Big game hunting, another aspect of the same obsession, is particularly popular with American (and, interestingly, German) businessmen, and is often overtly parasexual. According to a Zimbabwean friend who used to run a hunting business, the plump, middle-aged types who were his customers invariably brought a young trophy wife or girlfriend to whom they would show off. There was nothing quite like bringing down a bull elephant, shepherded into his sights by the safari organisers, for affirming the hunter's essential maleness.

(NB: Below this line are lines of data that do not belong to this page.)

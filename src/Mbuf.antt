-- ===== src/Mbuf.antt =====
-- Mbufs and chains of mbufs: generic/kern/uipc_mbuf.c with the macros of generic/sys/mbuf.h.
pub mod Chain
pub mod Trim
pub mod Adj
pub mod Copy
pub mod Build
pub mod Pullup
pub mod Split
pub mod Located
pub mod Parts
pub mod Cluster
pub mod CountTable
pub mod References
pub mod Prepended
pub mod Contiguous
pub mod Copied
mod Tests
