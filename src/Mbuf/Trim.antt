-- ===== src/Mbuf/Trim.antt =====
-- `m_adj`, `m_copydata` and `m_cat` of generic/kern/uipc_mbuf.c.
use Prim.Native.Nat.{min}
use anp.Prelude.{
  ℕ, zero, suc, ◌+◌, ◌-◌, ◌||◌, Option, none, some, List, [], ◌∷◌, ◌++◌, take, drop, ltb, leb, ◌==◌,
  if◌then◌else◌, map,
}
use anp.Prelude.Int.{ℤ, pos, negsuc, ◌-ℤ◌}
use anp.Mbuf.Chain.{Mbuf, m_len, is_ext, total, mlen}

abbrev pub no_data : Mbuf → Mbuf
no_data m = record m { contents = [] }

-- The loop of `m_adj` from the head, with what is left of `len`.
unfoldable pub trim_head : List Mbuf → ℕ → List Mbuf × ℕ
trim_head [] len = ([], len)
trim_head (m ∷ ms) len =
    let (ms', left) = trim_head ms (len - m_len m) in
    if len == 0
    then (m ∷ ms, 0)
    else if leb (m_len m) len
    then (no_data m ∷ ms', left)
    else (record m { contents = drop len m.contents; offset = m.offset + len } ∷ ms, 0)

abbrev pub shorten : ℤ → List Mbuf → List Mbuf
shorten n [] = []
shorten n (m ∷ ms) = (if m.pkthdr then record m { len = m.len -ℤ n } else m) ∷ ms

abbrev pub set_len : ℕ → List Mbuf → List Mbuf
set_len n [] = []
set_len n (m ∷ ms) = (if m.pkthdr then record m { len = pos n } else m) ∷ ms

-- The mbuf in which the data end after `count` bytes, and no data behind it.
unfoldable pub truncate : ℕ → List Mbuf → List Mbuf
truncate count [] = []
truncate count (m ∷ ms) =
    if leb count (m_len m)
    then record m { contents = take count m.contents } ∷ map no_data ms
    else m ∷ truncate (count - m_len m) ms

-- The data of the last mbuf, shortened by `len`.
unfoldable pub shorten_last : ℕ → List Mbuf → List Mbuf
shorten_last len [] = []
shorten_last len (m ∷ []) = record m { contents = take (m_len m - len) m.contents } ∷ []
shorten_last len (m ∷ n ∷ ms) = m ∷ shorten_last len (n ∷ ms)

unfoldable pub last_len : List Mbuf → ℕ
last_len [] = 0
last_len (m ∷ []) = m_len m
last_len (m ∷ n ∷ ms) = last_len (n ∷ ms)

-- `count < 0` becomes 0, as the difference of natural numbers does.
unfoldable pub trim_tail : List Mbuf → ℕ → List Mbuf
trim_tail ms len =
    if leb len (last_len ms)
    then shorten (pos len) (shorten_last len ms)
    else truncate (total ms - len) (set_len (total ms - len) ms)

unfoldable pub m_adj : List Mbuf → ℤ → List Mbuf
m_adj ms (pos n) = let (ms', left) = trim_head ms n in shorten (pos n -ℤ pos left) ms'
m_adj ms (negsuc n) = trim_tail ms (suc n)

-- The search for byte `off`. `none` is the panic at the end of the chain.
unfoldable pub skip : List Mbuf → ℕ → Option (List Mbuf × ℕ)
skip ms zero = some (ms, 0)
skip [] (suc off) = none
skip (m ∷ ms) (suc off) =
    if ltb (suc off) (m_len m) then some (m ∷ ms, suc off) else skip ms (suc off - m_len m)

unfoldable pub copy_bytes : List Mbuf → ℕ → ℕ → Option (List ℕ)
copy_bytes ms off zero = some []
copy_bytes [] off (suc len) = none
copy_bytes (m ∷ ms) off (suc len) =
    let count = min (m_len m - off) (suc len) in
    elim (copy_bytes ms 0 (suc len - count)) [
      | none ↦ none
      | some rest ↦ some (take count (drop off m.contents) ++ rest)
    ]

unfoldable pub m_copydata : List Mbuf → ℕ → ℕ → Option (List ℕ)
m_copydata ms off len = elim (skip ms off) [
  | none ↦ none
  | some (ms', off') ↦ copy_bytes ms' off' len
]

-- The second loop of `m_cat`, at the last mbuf `m` of the first chain.
unfoldable pub cat_onto : Mbuf → List Mbuf → List Mbuf
cat_onto m [] = m ∷ []
cat_onto m (n ∷ ns) =
    if is_ext m || leb mlen (m.offset + m_len m + m_len n)
    then m ∷ n ∷ ns
    else cat_onto (record m { contents = m.contents ++ n.contents }) ns

unfoldable pub m_cat : Mbuf → List Mbuf → List Mbuf → List Mbuf
m_cat m [] ns = cat_onto m ns
m_cat m (m' ∷ ms) ns = m ∷ m_cat m' ms ns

But, as far as people like Antoine Yates are concerned, the attraction of wild animals is not to kill them but to master them with love and domestication. The Bronx Zoo's Mr Breheny sees the trend above all as "an aberrant way to get close to nature" and, if that is the case, the popularity and sophistication of wildlife documentaries have played a part. Technology, in the form of cosy close-ups, has brought wild creatures into the sitting-room so that, for the feeble-minded and over-sentimental, it is a small, logical step to make that presence a reality.

When the sainted David Attenborough was famously filmed being ragged by the mountain gorillas of Rwanda, he did them a double disservice. Not only was he risking passing on an infection, minor to humans but potentially fatal to primates, but he was also contributing to the myth that, deep down, wild animals are as cuddly and friendly as a domestic pet.

It would be unfair to include the late Timothy Treadwell among those sent slightly bonkers by their love of animals. A gentle Californian who wandered unarmed through the Alaskan wilderness, touching grizzly bears and singing "I love you" to them, he also actively campaigned for their protection and their environment - that is, until last week when a couple of grizzlies committed an act of profound, terminal ingratitude.

But for all his eccentricity, I see Treadwell as something of a hero, the opposite of the idiotic Antoine Yates. In the past he had said that he would be proud to end up in a pile of bear dung and that indeed was where he did end up. "I think Timothy would say it's the culmination of his life's work," a friend commented. Some animal nutters are out there, doing good.